Saved entries:
=== Begin Enclosure ===

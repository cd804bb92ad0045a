-- ===== src/Runtime.antt =====
-- The two views of a slot's status as a running VM: `runtime_from_slot_status` of src/pool.rs and
-- `TryFrom<&SlotStatus> for VmRuntime` of src/service.rs.
use croutond.Base.{
  ◌≡◌, ◌↔◌, not, Option, none, some, if◌then◌else◌, Result, ok, err, ok_or, ◌>>=◌, arith,
}
use croutond.Types.{
  VmRuntime, occupied, SlotStatus, PoolError, invalid_transition, backend, state_eq, running,
}

-- `status.name.clone()?` and its like.
abbrev field {ℓ κ} : {A : Type ℓ} {B : Type κ} → Option A → (A → Option B) → Option B
field none f = none
field (some a) f = f a

unfoldable pub runtime_from_slot_status : SlotStatus → Option VmRuntime
runtime_from_slot_status s =
    if not (state_eq s.state occupied)
    then none
    else field s.name λ name. field s.mac λ mac. field s.tap λ tap. field s.pid λ pid.
      field s.started_at λ started_at. some (record {
        name = name;
        mac = mac;
        tap = tap;
        pid = pid;
        state = running;
        started_at = started_at;
      })

unfoldable pub try_from : SlotStatus → Result PoolError VmRuntime
try_from s =
    if not (state_eq s.state occupied)
    then err (invalid_transition s.slot s.state "convert_runtime")
    else do
      name ← ok_or s.name (backend "missing VM name")
      mac ← ok_or s.mac (backend "missing MAC address")
      tap ← ok_or s.tap (backend "missing tap device")
      pid ← ok_or s.pid (backend "missing pid")
      started_at ← ok_or s.started_at (backend "missing started_at")
      ok (record {
        name = name;
        mac = mac;
        tap = tap;
        pid = pid;
        state = running;
        started_at = started_at;
      })

-- The conversion for a reply and the filter for a list agree: one succeeds exactly when the other
-- does, with the same runtime.
pub try_from-runtime_from_slot_status :
    (s : SlotStatus) (r : VmRuntime) → (try_from s ≡ ok r) ↔ (runtime_from_slot_status s ≡ some r)
unfolding try_from runtime_from_slot_status
try_from-runtime_from_slot_status s r = ground arith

=== End Enclosure ===

→ **THE TASK**
Take exactly the lines from the one containing "B) → Option B" through the one containing "else field s.name" in the data above, and output them with nothing added.

→ **TASK RESULT**
abbrev field {ℓ κ} : {A : Type ℓ} {B : Type κ} → Option A → (A → Option B) → Option B
field none f = none
field (some a) f = f a

unfoldable pub runtime_from_slot_status : SlotStatus → Option VmRuntime
runtime_from_slot_status s =
    if not (state_eq s.state occupied)
    then none
    else field s.name λ name. field s.mac λ mac. field s.tap λ tap. field s.pid λ pid.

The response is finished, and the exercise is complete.